Recent advances in single-cell technologies have given scientists the ability to profile chromatin, the complex of DNA and proteins that resides within the nucleus of individual cells. Chromatin is often called the “gatekeeper” of the genome because its proteins act as packaging elements for the DNA, either promoting or refusing access to it. This controls gene expression processes in the cell, such as turning on or off specific genes. Changes in the chromatin landscape have been linked to diverse human traits and diseases, most notably cancer.
In an initial demonstration of CRISPR-sciATAC, the Sanjana Lab team designed a CRISPR library to target 20 chromatin-modifying genes that are commonly mutated in different cancers, including breast, colon, lung and brain cancers. Many of these enzymes act as tumor suppressors and their loss results in global changes in chromatin accessibility. For example, the group showed that loss of the gene EZH2, which encodes a histone methytransferase, resulted in an increase in gene expression across several previously silenced developmental genes.
“The scale of CRISPR-sciATAC makes this dataset very unique. Here, in a uniform genetic background, we have accessibility data capturing the impact of every chromatin-related gene. This provides a detailed map between each gene and how its loss impacts genome organization with single-cell resolution,” said Dr. Noa Liscovitch-Brauer, a postdoctoral fellow in Sanjana’s lab at the New York Genome Center and NYU and the study’s co-first author.
In total, the team targeted more than 100 chromatin-related genes and developed a “chromatin atlas” that charts how the genome changes in response to loss of these proteins. The atlas shows that different subunits within each of the 17 chromatin remodeling complexes targeted can have different effects on genome accessibility. Surprisingly, nearly all of these complexes have subunits where loss triggers increased accessibility and other subunits with the opposite effect. Overall, the greatest disruption in transcription factor binding sites, which are important functional elements in the genome, was observed after loss of AT-rich interactive domain-containing protein 1A (ARID1A), a member of the BAF complex. Mutations in BAF complex proteins are estimated to be involved in 1 out of every 5 cancers.
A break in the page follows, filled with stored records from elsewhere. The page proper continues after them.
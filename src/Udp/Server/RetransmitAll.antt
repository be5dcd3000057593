-- ===== src/Udp/Server/RetransmitAll.antt =====
-- `handleRetransmissions` of src/network/reliable_udp.cpp over all clients.
use zero_latency_yolo.Base.{
  ℕ, ◌≡◌, ◌∙◌, sym, subst, List, [], ◌∷◌, ◌++◌, some, arith, ltb, sub64, ◌==◌, if◌then◌else◌,
  Bool-cases, inl, inr, append-nil, append_assoc,
}
use zero_latency_yolo.Base.Table.{lookup, Keys}
use zero_latency_yolo.Udp.{Address, PacketAckInfo, ReliableUdpConfig, ClientConnection}
use zero_latency_yolo.Udp.Connection.{handle_packet_loss}
use zero_latency_yolo.Udp.Server.{ReliableUdpServer, Stats, Effect, datagram}
use zero_latency_yolo.Udp.Server.Manage.{
  Pass, lose, retransmit_packet, retransmit_packets, retransmit_client, retransmit_clients,
  handle_retransmissions,
}
use zero_latency_yolo.Udp.Server.Retransmit.{packet_after, lookup-retransmit_client}

-- Each client is treated by itself, with the statistics and the datagrams so far.
lookup-retransmit_clients :
    (config : ReliableUdpConfig) (now id : ℕ) (m : List (ℕ × ClientConnection)) (stats : Stats)
    (effects : List Effect) (c : ClientConnection)
    → lookup id m ≡ some c
    → (stats' : Stats) × (effects' : List Effect) × (lookup id
          (retransmit_clients config now m stats effects).0
        ≡ some (retransmit_client config now c stats' effects').0)
unfolding retransmit_clients lookup
lookup-retransmit_clients config now id [] stats effects c e = cc
lookup-retransmit_clients config now id ((j, d) ∷ m) stats effects c e =
    let (d', stats', effects') = retransmit_client config now d stats effects in
    elim (Bool-cases (j == id)) [
      | inl hit ↦
          let same : d ≡ c = ground (arith, hit) in
          (
            stats,
            effects,
            subst
                (λ x.
                  (if j == id
                    then some d'
                    else lookup id (retransmit_clients config now m stats' effects').0)
                  ≡ some (retransmit_client config now x stats effects).0)
                same (ground (arith, hit)),
          )
      | inr miss ↦
          let (stats'', effects'', rest) =
            lookup-retransmit_clients config now id m stats' effects' c (ground (arith, miss)) in
          (stats'', effects'', ground (arith, miss, rest))
    ]

-- The datagrams of a pass over the packets of a client: one with the bytes of each that is overdue and
-- has been tried less than `max_retries` times.
abbrev pub resent : ℕ → ReliableUdpConfig → ℕ → Address → List (ℕ × PacketAckInfo) → List Effect
resent rto config now address [] = []
resent rto config now address ((seq, p) ∷ packets) =
    let rest = resent rto config now address packets in
    if ltb rto (sub64 now p.timestamp)
    then if ltb p.retries config.max_retries then datagram address p.content ∷ rest else rest
    else rest

abbrev pub resent_all : ReliableUdpConfig → ℕ → List (ℕ × ClientConnection) → List Effect
resent_all config now [] = []
resent_all config now ((id, c) ∷ clients) =
    resent c.retransmission_timeout_ms config now c.address c.unacked_packets
    ++ resent_all config now clients

-- One round: what is sent, and that the timeout and the address of the client stay.
effects-retransmit_packet :
    (config : ReliableUdpConfig) (now seq : ℕ) (p : PacketAckInfo) (pass : Pass)
    → let pass' = (retransmit_packet config now seq p pass).1 in
      (pass'.effects
        ≡ pass.effects
          ++ resent pass.client.retransmission_timeout_ms config now pass.client.address
              ((seq, p) ∷ []))
      × (pass'.client.retransmission_timeout_ms ≡ pass.client.retransmission_timeout_ms)
      × (pass'.client.address ≡ pass.client.address)
unfolding retransmit_packet lose handle_packet_loss
effects-retransmit_packet config now seq p pass = ground (arith, append-nil pass.effects)

resent-append :
    (rto : ℕ) (config : ReliableUdpConfig) (now : ℕ) (address : Address) (seq : ℕ)
    (p : PacketAckInfo) (packets : List (ℕ × PacketAckInfo))
    → resent rto config now address ((seq, p) ∷ packets)
      ≡ resent rto config now address ((seq, p) ∷ []) ++ resent rto config now address packets
resent-append rto config now address seq p packets = ground arith

effects-retransmit_packets :
    (config : ReliableUdpConfig) (now : ℕ) (packets : List (ℕ × PacketAckInfo)) (pass : Pass)
    → (retransmit_packets config now packets pass).1.effects
      ≡ pass.effects
        ++ resent pass.client.retransmission_timeout_ms config now pass.client.address packets
unfolding retransmit_packets
effects-retransmit_packets config now [] pass = sym (append-nil pass.effects)
effects-retransmit_packets config now ((seq, p) ∷ packets) pass =
    let pass' = (retransmit_packet config now seq p pass).1 in
    let rto = pass.client.retransmission_timeout_ms in
    let a = pass.client.address in
    let (sent, same_timeout, same_address) = effects-retransmit_packet config now seq p pass in
    effects-retransmit_packets config now packets pass'
    ∙ rw (sent, same_timeout, same_address, resent-append rto config now a seq p packets)
        (append_assoc pass.effects (resent rto config now a ((seq, p) ∷ []))
          (resent rto config now a packets))

effects-retransmit_clients :
    (config : ReliableUdpConfig) (now : ℕ) (m : List (ℕ × ClientConnection)) (stats : Stats)
    (effects : List Effect)
    → (retransmit_clients config now m stats effects).2 ≡ effects ++ resent_all config now m
unfolding retransmit_clients retransmit_client
effects-retransmit_clients config now [] stats effects = sym (append-nil effects)
effects-retransmit_clients config now ((id, c) ∷ m) stats effects =
    let pass : Pass = record { client = c; expired = []; stats = stats; effects = effects } in
    let done = (retransmit_packets config now c.unacked_packets pass).1 in
    effects-retransmit_clients config now m done.stats done.effects
    ∙ rw (effects-retransmit_packets config now c.unacked_packets pass) (
        append_assoc effects
          (resent c.retransmission_timeout_ms config now c.address c.unacked_packets)
          (resent_all config now m))

-- Where no two waiting packets of a client have the same number, `handleRetransmissions` keeps the
-- client, and what it makes of each of these packets depends on the packet's own age and number of
-- tries, and on the client's timeout, alone: a packet that has not waited longer than the timeout
-- stays as it is; one that has is given up when it has been tried `max_retries` times or more, and
-- otherwise counts one more retry and waits again from now. For each packet of each client that is
-- retried, and for no other, a datagram with its bytes goes to the client's address.
pub lookup-handle_retransmissions :
    (s : ReliableUdpServer) (now id seq : ℕ) (c : ClientConnection)
    → lookup id s.clients ≡ some c
    → Keys c.unacked_packets
    → (c' : ClientConnection) × (lookup id (handle_retransmissions s now).0.clients ≡ some c')
      × (lookup seq c'.unacked_packets
          ≡ packet_after c.retransmission_timeout_ms s.config now (lookup seq c.unacked_packets))
      × ((handle_retransmissions s now).1 ≡ resent_all s.config now s.clients)
unfolding handle_retransmissions
lookup-handle_retransmissions s now id seq c there h =
    let (stats, effects, found) =
      lookup-retransmit_clients s.config now id s.clients s.stats [] c there in
    (
      _,
      found,
      lookup-retransmit_client s.config now seq c stats effects h,
      effects-retransmit_clients s.config now s.clients s.stats [],
    )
In addition to the CRISPR-sciATAC method, the team also developed a suite of computational methods to map the dynamic movements of the nucleosomes, which are the protein clusters that DNA is wrapped around. When there are more nucleosomes, the DNA is tightly wound and less available to bind transcription factors. This is exactly what the team found at specifical transcription factor binding sites involved in cell proliferation after CRISPR knock-out of ARID1A. When targeting a different chromatin-modifying enzyme, these same sites underwent an expansion in nucleosome spacing, demonstrating the dynamics of nucleosome positioning at specific sites in the genome. The CRISPR-sciATAC method allowed the team to systematically explore this genome plasticity for multiple chromatin-modifying enzymes and transcription factor binding sites.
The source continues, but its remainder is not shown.